図4にさらに示されるように、リップ152は、凹部160の中に半径方向に延び、一般に平面118の下に配置される。例えば、リップ152は、凹部160の対向する上面198及び下面200に面する対向する上面194及び下面196を含む。
【0038】
様々な特徴および構成要素が、凹部192に配置される。例えば、凹部192において、リップ152は、雄ねじ付きファスナまたはボルトなどの1つまたは複数のファスナ204を介して下面196に結合されたウェアプレート(wear plate:摩耗板)202を含む。凹部192は、雄ねじファスナ又はボルトなどの1つ以上のファスナ208を介して下面200に結合された研削可能シム(grindable shim:グラインダブルシム)206を含む。研削可能シム206は、ターボ機械(例えば、ガスタービンシステム10)の組立中にその表面の1つ以上に沿って研削され、凹部160内のリップ152のより良い適合及び適切な位置合わせを提供することができる。研削可能シム206はまた、フランジ136の対応する凹部212、214、及び216内に延びる1つ又は複数の整列キー210、研削可能シム206、及び冠状シム218を介して下面200に対して位置合わせされることがある。研削可能シム206とウェアプレート202との間に配置される冠状シム218は、ウェアプレート202の概ね平坦な表面に接触するように構成された冠状またはカーブ(湾曲)した接触面220(例えば、凸面)を含む。凹部192はまた、研削可能シム206と冠状シム218との間に配置されたバイアスアジャスタ170を含み得る。
【0039】
同様に、様々な特徴および構成要素が、凹部190に配置される。例えば、凹部部分190において、シムアセンブリ172は、研削可能シム176と、ネジ付きファスナ又はボルト224などの1つ又は複数のネジ付きファスナを介して上面198に結合されたクラウン付きシム178とを含む。ファスナ224は、凹部226においてクラウンドシム178に凹設されてもよく、ファスナ224は、クラウンドシム178および研削可能シム176のボアを通ってフランジ134に延びる。シムアセンブリ172はまた、1つ以上の整列キー228を含むことができ、この整列キーは、フランジ134、研削可能シム176、およびクラウンドシム178の対応する凹部230、232、および234を通って延びる。冠状シム218と同様に、冠状シム178は、リップ152の上面194に結合されたウェアプレート240の対応する平坦面238に接触するように構成された冠状または湾曲した接触面236(例えば、凸面)を含む。ウェアプレート240は、雄ねじ付きファスナ又はボルトなどの複数のファスナ242でリップ152に結合されることがある。
【0040】
ガスタービンシステム10の組立及び較正の間、研削可能シム176及び206は、部分的に研削されて厚さを減少させ、それにより凹部160内のリップ152の位置を調整するのに役立つことがある。例えば、研削可能シム176及び206は、リップ152の上面194を平面118に直接沿って配置する一方で、リップ152の下面196を平面118の下に垂直にオフセットして配置するために十分に研削されることがある。
【0041】
上述のように、ケーシング整列システム16の整列ポジショナ100は、複数のバイアスアジャスタ170を含む。
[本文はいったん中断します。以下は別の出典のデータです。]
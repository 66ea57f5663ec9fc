-- ===== src/Podspec/Name/Trim.antt =====
-- Labels by RFC 1123, and what collapsing, trimming and clipping leave of a text
-- (internal/podspec/name.go).
use mathlib.Core.List.{reverse-reverse, reverse-append, reverse-cons}
use docker_in_kubernetes.Prelude.{
  ℕ, ◌≤◌, ◌≡◌, refl, sym, ap, ◌∙◌, ◌⊎◌, inl, inr, Bool, true, false, [], ◌∷◌, ◌++◌, reverse, Text,
  arith, length, length-append, length-take, take, All, All-append, All-take, Bool-cases, ltb,
}
use docker_in_kubernetes.Podspec.Name.{
  is_alnum, collapse, trim_left, trim_right, clip, max_k8s_name_len,
}

abbrev pub IsNameChar : ℕ → Type 0
IsNameChar c = (is_alnum c ≡ true) ⊎ (c ≡ b'-')

-- The first character is a letter or a digit.
abbrev pub StartsAlnum : Text → Type 0
StartsAlnum [] = ⊥
StartsAlnum (c ∷ s) = is_alnum c ≡ true

-- A label by RFC 1123.
pub record IsLabel (s : Text) : Type 0 where
  pub chars : All IsNameChar s
  pub first : StartsAlnum s
  pub last : StartsAlnum (reverse s)
  pub short : length s ≤ max_k8s_name_len

pub collapse_chars : (run : Bool) (s : Text) → All IsNameChar (collapse run s)
unfolding collapse
collapse_chars run [] = tt
collapse_chars run (c ∷ s) = ground (arith, collapse_chars false s, collapse_chars true s)

pub trim_left_chars : (s : Text) → All IsNameChar s → All IsNameChar (trim_left s)
unfolding trim_left
trim_left_chars [] h = tt
trim_left_chars (c ∷ s) h = ground (arith, trim_left_chars s h.1)

reverse_chars : (s : Text) → All IsNameChar s → All IsNameChar (reverse s)
reverse_chars [] h = tt
reverse_chars (c ∷ s) h =
    rw (reverse-cons c s)
      (All-append IsNameChar (reverse s) (c ∷ []) (reverse_chars s h.1) (h.0, tt))

-- Trimmed text is empty or starts with a letter or a digit.
pub trim_left-first : (s : Text) → All IsNameChar s → (trim_left s ≡ []) ⊎ StartsAlnum (trim_left s)
unfolding trim_left
trim_left-first [] h = inl refl
trim_left-first (c ∷ s) h = ground (arith, trim_left-first s h.1)

length-trim_left-le : (s : Text) → length (trim_left s) ≤ length s
unfolding trim_left
length-trim_left-le [] = omega arith
length-trim_left-le (c ∷ s) = ground (arith, length-trim_left-le s)

length-reverse : (s : Text) → length (reverse s) ≡ length s
length-reverse [] = refl
length-reverse (c ∷ s) =
    omega
      (arith, ap length (reverse-cons c s), length-append (reverse s) (c ∷ []), length-reverse s)

trim_left-snoc :
    (s : Text) (c : ℕ) → is_alnum c ≡ true → trim_left (s ++ c ∷ []) ≡ trim_left s ++ c ∷ []
unfolding trim_left is_alnum
trim_left-snoc [] c h = ground arith
trim_left-snoc (d ∷ s) c h = ground (arith, trim_left-snoc s c h)

trim_right-cons : (c : ℕ) (s : Text) → is_alnum c ≡ true → trim_right (c ∷ s) ≡ c ∷ trim_right s
unfolding trim_right
trim_right-cons c s h =
    rw (reverse-cons c s, trim_left-snoc (reverse s) c h)
      (reverse-append (trim_left (reverse s)) (c ∷ []))

-- Trimming on the right keeps the start, and leaves a letter or a digit at the end.
pub record IsTrimmed (s : Text) : Type 0 where
  pub chars : All IsNameChar s
  pub first : StartsAlnum s
  pub last : StartsAlnum (reverse s)

pub trim_right-IsTrimmed : (s : Text) → All IsNameChar s → StartsAlnum s → IsTrimmed (trim_right s)
trim_right-IsTrimmed [] chars first = absurd first
trim_right-IsTrimmed (c ∷ s) chars first = record {
  chars = unfold trim_right in reverse_chars _ (trim_left_chars _ (reverse_chars (c ∷ s) chars));
  first = rw (trim_right-cons c s first) first;
  last = last_of (trim_left-first (reverse (c ∷ s)) (reverse_chars (c ∷ s) chars));
}
  where
    last_of :
        (trim_left (reverse (c ∷ s)) ≡ []) ⊎ StartsAlnum (trim_left (reverse (c ∷ s)))
        → StartsAlnum (reverse (trim_right (c ∷ s)))
    last_of (inl e) =
        absurd (cons-ne-nil (sym (trim_right-cons c s first) ∙ (unfold trim_right in ap reverse e)))
      where
        cons-ne-nil : c ∷ trim_right s ≡ [] → ⊥
        cons-ne-nil e = cc
    last_of (inr h) = unfold trim_right in rw reverse-reverse h

length-trim_right-le : (s : Text) → length (trim_right s) ≤ length s
unfolding trim_right
length-trim_right-le s = omega (
  arith,
  length-reverse (trim_left (reverse s)),
  length-trim_left-le (reverse s),
  length-reverse s,
)

pub clip-IsLabel : (s : Text) → IsTrimmed s → IsLabel (clip s)
unfolding clip
clip-IsLabel s h = elim (Bool-cases (ltb max_k8s_name_len (length s))) [
  | inr short ↦
      rw (short, clip)
        (record { chars = h.chars; first = h.first; last = h.last; short = ground arith })
  | inl long ↦ rw (long, clip) (clipped s h)
]
  where
    clipped : (s : Text) → IsTrimmed s → IsLabel (trim_right (take max_k8s_name_len s))
    clipped [] h = absurd h.first
    clipped (c ∷ s) h =
        let t =
          trim_right-IsTrimmed (take max_k8s_name_len (c ∷ s))
            (All-take IsNameChar max_k8s_name_len (c ∷ s) h.chars) h.first in
        record {
          chars = t.chars;
          first = t.first;
          last = t.last;
          short = omega (
            arith,
            length-trim_right-le (take max_k8s_name_len (c ∷ s)),
            length-take max_k8s_name_len (c ∷ s),
          );
        }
冠状シム218におけるバイアスアジャスタ170に加えて、整列ポジショナ100は、フランジ134においてフランジ付きカップリング128の外側に配置されたバイアスアジャスタ170を含んでもよい。図示されるように、ケーシング整列システム16は、クラウンドシム218と結合されたシャフト246のヘッド244の下に配置されたバイアスアジャスタ170を有する整列ポジショナ100を含む。例えば、ヘッド244およびシャフト246は、雄ねじボルトなどの雄ねじ付きファスナ248の部品であってもよい。シャフト246は、雄ねじ250または別の適切な機械的接続を介して冠状シム218に結合されることがある。
【0042】
動作において、凹部160の内側および外側に配置されたバイアスアジャスタ170は、リップ152を、
図3に図示されるようにトルク180の方向に対応する回転方向または垂直方向上方252にバイアスするように構成され得る。したがって、フランジ付きカップリング126および128が部分的に開いて開口部182および184を形成し、内壁106が外壁104内で垂直下方に移動するようになると、ケーシング整列システム16のバイアスアジャスタ170は、リップ152を方向252に移動させて外壁104内で内壁106の整列を助けるよう構成される。この整列は、一般に、外壁104および内壁106の中心軸の間の整列を改善または一致させる。
図4は、2つのバイアスアジャスタ170を図示しているが、ケーシング整列システム16は、フランジ付きカップリング128に沿った様々な位置にバイアスアジャスタ170を有する任意の数の整列ポジショナ100を含んでよい。
【0043】
図5~
図9は、
図1~
図4を参照して上記に図示および説明したケーシング整列システム16の整列ポジショナ100のバイアスアジャスタ170の実施形態の概略図である。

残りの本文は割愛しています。